Ah, we moved a couple of bits around in the repo -- link for that is here: https://github.com/huggingface/skills/blob/main/hf-llm-trainer/skills/model-trainer/SKILL.md -- I'll update the article 👍.

AUsername111

Dec 6, 2025

This is so cool. Many thanks.

Roman1902

Dec 8, 2025

"Really fascinating read! I found the explanation of Hugging Face’s “Skills Training” initiative — how it lets you use a coding‑agent (like Claude Code or other supported agents) to fine‑tune large language models, submit GPU jobs, monitor progress and push trained models to the Hub — particularly eye‑opening. The combination of high‑level instructions, hardware selection, monitoring, and automation makes the complex process of model training much more approachable, even for developers who may not be ML‑infrastructure experts.
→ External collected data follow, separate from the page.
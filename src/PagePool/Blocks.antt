-- ===== src/PagePool/Blocks.antt =====
-- `__dev_alloc_pages`: the block that an order gets.
use lcompat.Base.{
  ℕ, zero, suc, ◌-◌, ◌*◌, ◌%◌, ◌^◌, ◌<◌, ◌≡◌, ◌≢◌, refl, Bool, true, false, arith, Bool-cases, inl,
  inr, ◌==◌, ltb, leb, if◌then◌else◌, ==_iff, [], ◌∷◌, ◌++◌,
}
use lcompat.Base.Words.{u64_mod, ulong_max}
use lcompat.PagePool.{Pages, Grant, page_size, sizeof_page, new_page, page_alloc, dev_alloc_pages}

-- Whether a test passes for every order below a bound, so that a table decides it.
passes : (ℕ → Bool) → ℕ → Bool
passes test zero = true
passes test (suc m) = if test m then passes test m else false

passes_below :
    (test : ℕ → Bool) (bound order : ℕ)
    → order < bound
    → passes test bound ≡ true
    → test order ≡ true
unfolding passes
passes_below test zero order below table = absurd (omega arith)
passes_below test (suc m) order below table = elim (Bool-cases (test m)) [
  | inl yes_m ↦ ground (arith, passes_below test m order)
  | inr no_m ↦ ground arith
]

-- What `size <<= order` leaves of the size.
abbrev pub shifted : ℕ → ℕ
shifted order = (page_size * 2 ^ order) % u64_mod

-- The size that the block of an order really has.
abbrev pub block_size : ℕ → ℕ
block_size order = if ltb order 52 then page_size * 2 ^ order else page_size

abbrev sizes_agree : ℕ → Bool
sizes_agree order = (if shifted order == 0 then page_size else shifted order) == block_size order

sizes_table : passes sizes_agree 64 ≡ true
unfolding passes
sizes_table = refl

shifted-block_size :
    (order : ℕ)
    → order < 64
    → (if shifted order == 0 then page_size else shifted order) ≡ block_size order
shifted-block_size order h = (==_iff _ _).0 (passes_below sizes_agree 64 order h sizes_table)

abbrev small_enough : ℕ → Bool
small_enough order = leb (block_size order) (ulong_max - sizeof_page)

small_table : passes small_enough 64 ≡ true
unfolding passes
small_table = refl

-- With a page structure at hand, an order below 52 gets its 4096 * 2 ^ order bytes. From order 52 to
-- 63 the shift has lost every bit, and the caller gets a single page for the block it asked for.
pub dev_alloc_pages_block :
    (g : Grant) (order : ℕ) (k : Pages)
    → order < 64
    → g.page ≢ 0
    → dev_alloc_pages g order k
      ≡ (g.page, record k { live = k.live ++ (new_page g 0 (block_size order) ∷ []) })
unfolding dev_alloc_pages page_alloc
dev_alloc_pages_block g order k h nz =
    let e = shifted-block_size order h in
    let s = passes_below small_enough 64 order h small_table in
    let t1 : leb 64 order ≡ false = ground arith in
    let t2 : (g.page == 0) ≡ false = ground arith in
    let t3 : ltb (ulong_max - sizeof_page) (block_size order) ≡ false = ground arith in
    rw (t1, e, t2, t3)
I also recently read a related guide: https://mobisoftinfotech.com/resources/blog/ai‑development/llm‑api‑pricing‑guide
— which gives practical advice on LLM API usage, token‑based pricing, and how to plan costs when working with LLMs.

Putting your article’s look into empowering accessible LLM fine‑tuning together with the cost‑management strategies from that guide gives a well‑rounded perspective: it helps developers understand not just what is possible now with modern tools, but also how to build and deploy responsibly, balancing capability and cost."

DanteWu

Dec 9, 2025

Slop alert

julienjouganous

Dec 8, 2025

Great work and great article!
Regarding the maximum models size we can train using this approach, at the beginning of the article it's mentioned "models from 0.5B to 70B parameters" but at the end you write that "For large models (7B+), this HF skills job is not suitable", which order of magnitude is correct?
I suspect the max range is 7B, if it's the case, do you plan to support training of larger models?
Thanks!

DAMIENE

Dec 9, 2025

is the trained model now open source and / or available to the public?

sigridjineth

Dec 11, 2025

https://huggingface.co/blog/sionic-ai/claude-code-skills-training

Nice work about the demo getting Claude Code to fine-tune an open LLM. But the researchers from Sionic AI already do most of their work with Claude Code. It writes training scripts, debugs CUDA errors, searches hyperparameters overnight. For the actual work of building models, Claude has become the default partner. But there was one thing it couldn't do - remember what the teammates learned last week.

Check how we do here :D

cveavy

Jan 7

Right

illiliiiiil

Dec 12, 2025

Is it possible to use it even in privately uploaded datasets?

Ed13210

Dec 19, 2025

how many tokens will a session incur?

cveavy

Jan 7

This is genuinely game-changing for AI teams working with limited MLOps resources. Having Claude automatically handle hardware selection, job orchestration, and monitoring removes so much friction from the fine-tuning process - I've seen too many projects stall because teams get bogged down in the infrastructure complexity rather than focusing on model performance. The business impact here is huge: instead of needing dedicated DevOps engineers to manage training pipelines, data scientists can now iterate much faster on custom models. The fact that it supports the full production stack (SFT, DPO, RLHF) means you're not just prototyping but actually building deployment-ready models. What really excites me is the cost optimization angle - automatic hardware matching means you're not overpaying for compute while still getting reasonable training times. The multi-stage pipeline support is particularly valuable for enterprise use cases where you need that SFT → DPO → RLHF workflow for safety and alignment. This could democratize custom model development for mid-market companies who previously couldn't justify the engineering overhead. Looking forward to testing this on some internal projects where we've been manually managing these workflows.